We just launched our new editorial section. Xtalks Vitals is news, blogs, videos, quizzes and more!

X

More Generics Could Mean Less R&D: Pharmacare in Canada

More Generics Could Mean Less R&D: Pharmacare in Canada

Compared to similar countries, Canada tops the list for highest drug prices and highest levels of spending on pharmaceuticals yet ranks the lowest for drug coverage, medicine access and R&D activities.

The Canadian government might swap its currently fragmented drug plan for Pharmacare 2020, a universal drug plan pitched by the Liberals in promising to cut costs and increase access to prescription drugs. But an internal federal analysis points at a gaping hole in the proposal: it could drive down R&D and entry of new medicines into the Canadian drug market.

According to the Pharmacare 2020 report, Canadians pay 22 percent of all prescription drug costs out-of-pocket, adding up to $6 billion CAD each year. The report calls current Canadian drug coverage an “incomplete and uncoordinated patchwork of public and private drug plans” and suggests that a united, single-payer system will improve accessibility, fairness, safety and reduce costs.
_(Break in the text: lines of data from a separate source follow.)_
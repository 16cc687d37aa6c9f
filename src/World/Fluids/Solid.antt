-- ===== src/World/Fluids/Solid.antt =====
-- What a fluid leaves alone.
use macintosh_craft.Base.{not_both}
use macintosh_craft.Base.{
  ℕ, zero, suc, ◌+◌, ◌-◌, ◌%◌, ◌≡◌, ◌≢◌, sym, ◌∙◌, true, false, not, ◌&&◌, ◌||◌, none, some, List,
  [], inl, inr, arith, Bool-cases, Option-cases, leb, ltb, ◌==◌,
}
use macintosh_craft.Base.Int.{pos, ◌-ℤ◌}
use macintosh_craft.Registry.{Block}
use macintosh_craft.Items.{is_water, is_lava, is_replaceable_block, is_replaceable_fluid}
use macintosh_craft.Terrain.{Generator, block}
use macintosh_craft.World.Changes.{Changes, Place, gap}
use macintosh_craft.World.Changes.Plain.{IsPlain}
use macintosh_craft.World.Changes.Write.{same_place}
use macintosh_craft.World.Blocks.{Viewer, get_block_at, change_block}
use macintosh_craft.World.Blocks.Reads.{InWorld}
use macintosh_craft.World.Blocks.Kept.{IsPlantable, same_place-equal, Reads, elsewhere}
use macintosh_craft.World.Fluids.{
  Flow, Side, adjacent, beside, beneath, Handler, flow_change, fluid_of, check_with, dry_up,
  spread_to, fall, spread, fluid_step, is_connected, handle_fluid_movement, check_fluid_update,
}
use macintosh_craft.World.Fluids.Side.{east, west, south, north}
use macintosh_craft.World.Fluids.Levels.{
  HasFluids, IsFluid, IsBarrier, IsFluid-IsPlantable, next_level,
}
use macintosh_craft.World.Fluids.Sides.{
  IsInner, inner-InWorld, adjacent-beside, below-beneath, beside-InWorld, beneath-InWorld,
}

fluid_of-IsFluid :
    (g : Generator) (b fluid : ℕ)
    → fluid_of g b ≡ some fluid
    → IsFluid g fluid b × (is_replaceable_block g.registry b ≡ true)
unfolding fluid_of is_replaceable_block
fluid_of-IsFluid g b fluid e = elim (Bool-cases (is_water g.registry b)) [
  | inl t ↦
      let same : block g Block.water ≡ fluid = some_eq (rw t at e) in
      ((inl (sym same), ground arith, ground arith), ground arith)
  | inr t ↦ elim (Bool-cases (is_lava g.registry b)) [
    | inl u ↦
        let same : block g Block.lava ≡ fluid = some_eq (rw (t, u) at e) in
        ((inr (sym same), ground arith, ground arith), ground arith)
    | inr u ↦ absurd (nothing (rw (t, u) at e))
  ]
]
  where
    some_eq : {m n : ℕ} → some m ≡ some n → m ≡ n
    some_eq h = cc

    nothing : {m : ℕ} → none ≡ some m → ⊥
    nothing h = cc

-- A fluid flows into no barrier.
barrier_holds :
    (g : Generator) (fluid n level b : ℕ)
    → IsFluid g fluid n
    → IsBarrier g b
    → is_replaceable_fluid g.registry b level fluid ≡ false
unfolding is_replaceable_fluid is_replaceable_block
barrier_holds g fluid n level b f (no_way, no_lava) =
    elim (Bool-cases (leb fluid b && ltb (b - fluid) 8)) [
      | inr t ↦ rw t no_way
      | inl t ↦ elim f.0 [ inl e ↦ absurd (ground arith) | inr e ↦ absurd (ground arith) ]
    ]

module _ (g : Generator) (players : List Viewer) (q : Place) (inner : IsInner q)
    (chest_solid : block g Block.chest ≢ gap) (h : HasFluids g) (b : ℕ)
    (solid : IsBarrier g b) where
  -- A handler for fluids that keeps the block at `q`.
  abbrev Keeps : Handler → Type 0
  Keeps handle =
      (p : Place) (fluid n : ℕ) (w : Flow)
      → InWorld p
      → IsFluid g fluid n
      → same_place p q ≡ false
      → Reads g q b w.changes
      → Reads g q b (handle p fluid n w).changes

  change_elsewhere :
      (p : Place) (n : ℕ) (w : Flow)
      → IsPlantable g n
      → same_place p q ≡ false
      → Reads g q b w.changes
      → Reads g q b (flow_change g players p n w).changes
  unfolding flow_change change_block
  change_elsewhere p n w plant other r =
      elsewhere g players q (inner-InWorld q inner) chest_solid b p n
        (record { changes = w.changes; sent = [] }) plant other r

  module _ (handle : Handler) (keeps : Keeps handle) where
    check-Reads :
        (p : Place) (n : ℕ) (w : Flow)
        → InWorld p
        → (is_replaceable_block g.registry n ≡ true → same_place p q ≡ false)
        → Reads g q b w.changes
        → Reads g q b (check_with g handle p n w).changes
    unfolding check_with
    check-Reads p n w inside other r = elim (Option-cases (fluid_of g n)) [
      | inl e ↦ rw (e, check_with) r
      | inr (fluid, e) ↦
          let (f, way) = fluid_of-IsFluid g n fluid e in
          rw (e, check_with) (keeps p fluid n w inside f (other way) r)
    ]

    -- A block beside `p` that is replaceable does not stand at `q`.
    beside-other :
        (s : Changes) (p : Place) (d : Side)
        → InWorld p
        → Reads g q b s
        → is_replaceable_block g.registry (adjacent g s p d) ≡ true
        → same_place (beside p d) q ≡ false
    beside-other s p d inside r way = elim (Bool-cases (same_place (beside p d) q)) [
      | inr other ↦ other
      | inl same ↦
          let here = adjacent-beside g s p q d inside inner same ∙ r.1 in
          absurd (not_both (rw here at way) solid.0)
    ]

    dry_up-Reads :
        (p : Place) (w : Flow)
        → InWorld p
        → same_place p q ≡ false
        → Reads g q b w.changes
        → Reads g q b (dry_up g players handle (adjacent g w.changes p) p w).changes
    unfolding dry_up
    dry_up-Reads p w inside other r =
        let a = adjacent g w.changes p in
        let near : (d : Side) (u : Flow)
            → Reads g q b u.changes
            → Reads g q b (check_with g handle (beside p d) (a d) u).changes =
          λ d u k.
            check-Reads (beside p d) (a d) u (beside-InWorld p d)
              (beside-other w.changes p d inside r) k in
        near north _ (
          near south _
            (near west _ (near east _ (change_elsewhere p (block g Block.air) w h.air other r))))

    fall-Reads :
        (p : Place) (fluid n : ℕ) (w : Flow)
        → InWorld p
        → IsFluid g fluid n
        → is_replaceable_block g.registry (get_block_at g w.changes p.x (pos p.y -ℤ pos 1) p.z)
          ≡ true
        → Reads g q b w.changes
        → Reads g q b (fall g players handle p fluid w).changes
    unfolding fall
    fall-Reads p fluid n w inside f way r =
        let source : IsFluid g fluid fluid = (f.0, omega arith, omega arith) in
        let other : same_place (beneath p) q ≡ false =
          elim (Bool-cases (same_place (beneath p) q)) [
            | inr far ↦ far
            | inl same ↦ elim (below-beneath g w.changes p q inside same) [
              | inl e ↦ absurd (not_both (rw (e, r.1) at way) solid.0)
              | inr e ↦ absurd (not_both (rw e at way) h.bedrock)
            ]
          ] in
        keeps (beneath p) fluid fluid _ (beneath-InWorld p) source other (
          change_elsewhere (beneath p) fluid w (IsFluid-IsPlantable g fluid fluid h source) other r)

    spread_to-Reads :
        (s : Changes) (p : Place) (fluid n : ℕ) (d : Side) (w : Flow)
        → InWorld p
        → IsFluid g fluid n
        → ((n + 256 - fluid) % 256 == 7) ≡ false
        → Reads g q b s
        → Reads g q b w.changes
        → Reads g q b (spread_to g players handle (adjacent g s p) p fluid n d w).changes
    unfolding spread_to
    spread_to-Reads s p fluid n d w inside f more rs r =
        let level : ℕ = (n + 256 - fluid) % 256 in
        let next : IsFluid g fluid ((n + 1) % 256) = next_level g fluid n h f more in
        elim (Bool-cases (is_replaceable_fluid g.registry (adjacent g s p d) level fluid)) [
          | inr t ↦ rw t r
          | inl t ↦
              let other : same_place (beside p d) q ≡ false =
                elim (Bool-cases (same_place (beside p d) q)) [
                  | inr far ↦ far
                  | inl same ↦
                      let here = adjacent-beside g s p q d inside inner same ∙ rs.1 in
                      absurd (not_both (rw here at t) (barrier_holds g fluid n level b f solid))
                ] in
              rw t (
                keeps (beside p d) fluid ((n + 1) % 256) _ (beside-InWorld p d) next other (
                  change_elsewhere (beside p d) ((n + 1) % 256) w
                    (IsFluid-IsPlantable g fluid ((n + 1) % 256) h next) other r))
        ]

    fluid_step-Reads : Keeps (fluid_step g players handle)
    unfolding fluid_step spread
    fluid_step-Reads p fluid n w inside f other r =
        let level : ℕ = (n + 256 - fluid) % 256 in
        let a = adjacent g w.changes p in
        let below = get_block_at g w.changes p.x (pos p.y -ℤ pos 1) p.z in
        elim (Bool-cases (not (level == 0) && not (is_connected a n))) [
          | inl t ↦ rw t (dry_up-Reads p w inside other r)
          | inr t ↦ elim (Bool-cases (is_replaceable_block g.registry below)) [
            | inl u ↦ rw (t, u) (fall-Reads p fluid n w inside f u r)
            | inr u ↦
                elim (Bool-cases ((level == 3 && fluid == block g Block.lava) || level == 7)) [
                  | inl v ↦ rw (t, u, v) r
                  | inr v ↦
                      let more : (level == 7) ≡ false = ground arith in
                      let to : (d : Side) (u : Flow)
                          → Reads g q b u.changes
                          → Reads g q b (spread_to g players handle a p fluid n d u).changes =
                        λ d u k. spread_to-Reads w.changes p fluid n d u inside f more r k in
                      rw (t, u, v) (to north _ (to south _ (to west _ (to east _ r))))
                ]
          ]
        ]

  handle_fluid_movement-Keeps : (n : ℕ) → Keeps (handle_fluid_movement n g players)
  unfolding handle_fluid_movement
  handle_fluid_movement-Keeps zero p fluid b w inside f other r = r
  handle_fluid_movement-Keeps (suc n) p fluid b w inside f other r =
      fluid_step-Reads (handle_fluid_movement n g players) (handle_fluid_movement-Keeps n) p fluid b
        w inside f other r

  -- A fluid starts elsewhere, since a block that moves is replaceable.
  pub check_fluid_update-Reads :
      (n : ℕ) (p : Place) (m : ℕ) (w : Flow)
      → InWorld p
      → (is_replaceable_block g.registry m ≡ true → same_place p q ≡ false)
      → Reads g q b w.changes
      → Reads g q b (check_fluid_update n g players p m w).changes
  unfolding check_fluid_update
  check_fluid_update-Reads n =
      check-Reads (handle_fluid_movement n g players) (handle_fluid_movement-Keeps n)

-- However deep the calls go, the update of a fluid changes no barrier: in an array without chests, a
-- place away from the border that `getBlockAt` gives a block that is neither replaceable nor one of
-- the eight numbers from lava's on, reads as that block after `checkFluidUpdate` of any place with
-- the block that stands there. Air and fluids have numbers of their own, and bedrock stays.
pub check_fluid_update-solid :
    (g : Generator) (players : List Viewer) (n : ℕ) (p q : Place) (w : Flow) (b : ℕ)
    → InWorld p
    → IsInner q
    → HasFluids g
    → block g Block.chest ≢ gap
    → IsPlain (block g Block.chest) w.changes
    → get_block_at g w.changes q.x (pos q.y) q.z ≡ b
    → IsBarrier g b
    → let m = get_block_at g w.changes p.x (pos p.y) p.z in
      get_block_at g (check_fluid_update n g players p m w).changes q.x (pos q.y) q.z ≡ b
check_fluid_update-solid g players n p q w b inside inner h chest_solid v at solid =
    let m = get_block_at g w.changes p.x (pos p.y) p.z in
    (check_fluid_update-Reads g players q inner chest_solid h b solid n p m w inside
      (λ way. elim (Bool-cases (same_place p q)) [
        | inr far ↦ far
        | inl same ↦
            let e = same_place-equal p q same in absurd (not_both (rw (e, at) at way) solid.0)
      ])
      (v, at)).1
Lowering drug prices is a major concern for Canadians, as it has been for their American neighbors. Even the costs of generic drugs, inherently cheaper than their branded counterparts, are reportedly 30 percent higher in Canada than in comparable countries like the UK. One feature of the revised national drug plan is to create a budget that accommodates an increase in generics and decrease in overall prescriptions.

But more generics could lead to fewer new drugs, reports the federal analysis, which was sent to Finance Minister Bill Morneau in 2018. That is, drug companies won’t be motivated to invest in R&D if their expensive new therapeutic will be passed up for a cheaper alternative. Companies like Mylan and GSK saw drops in sales of their respective epinephrine autoinjectors and inhalers shortly after generic versions were released.

Moreover, ongoing regulatory changes concerning drug pricing strategies are causing pharma companies to stall on pushing out new drugs, further delaying patient access to new lifesaving treatments.

The main concern is that Canada will continue falling behind in R&D.

“Since 2003, industry investment in R&D has been less than 10 per cent of sales – the target that the pharmaceutical industry committed to in exchange for more favourable patent terms in Canada,” said the briefing to Morneau. Details of the report were obtained by The Canadian Press under access-to-information law.

Compared to similar countries, Canada tops the list for highest drug prices and highest levels of spending on pharmaceuticals yet ranks the lowest for drug coverage, medicine access and R&D activities.

However, these numbers might not reflect investments in university research chairs and venture capital, according to Pamela Fralick, President of Innovative Medicines Canada (an organization that represents pharmaceutical patent holders). She says there’s a whole range of research that is not being counted.

The analysis calls for more clarity on how Pharmacare will impact overall costs. A separate parliamentary budget officer speculates that national drug coverage will cost $20 billion per year although Pharmacare 2020 estimates $4 billion to $11 billion in annual savings. Other questions that remain are who’s going to pay for this and what will become of existing private and public drug insurers.

National drug coverage will remain a hot topic leading up to the October federal election.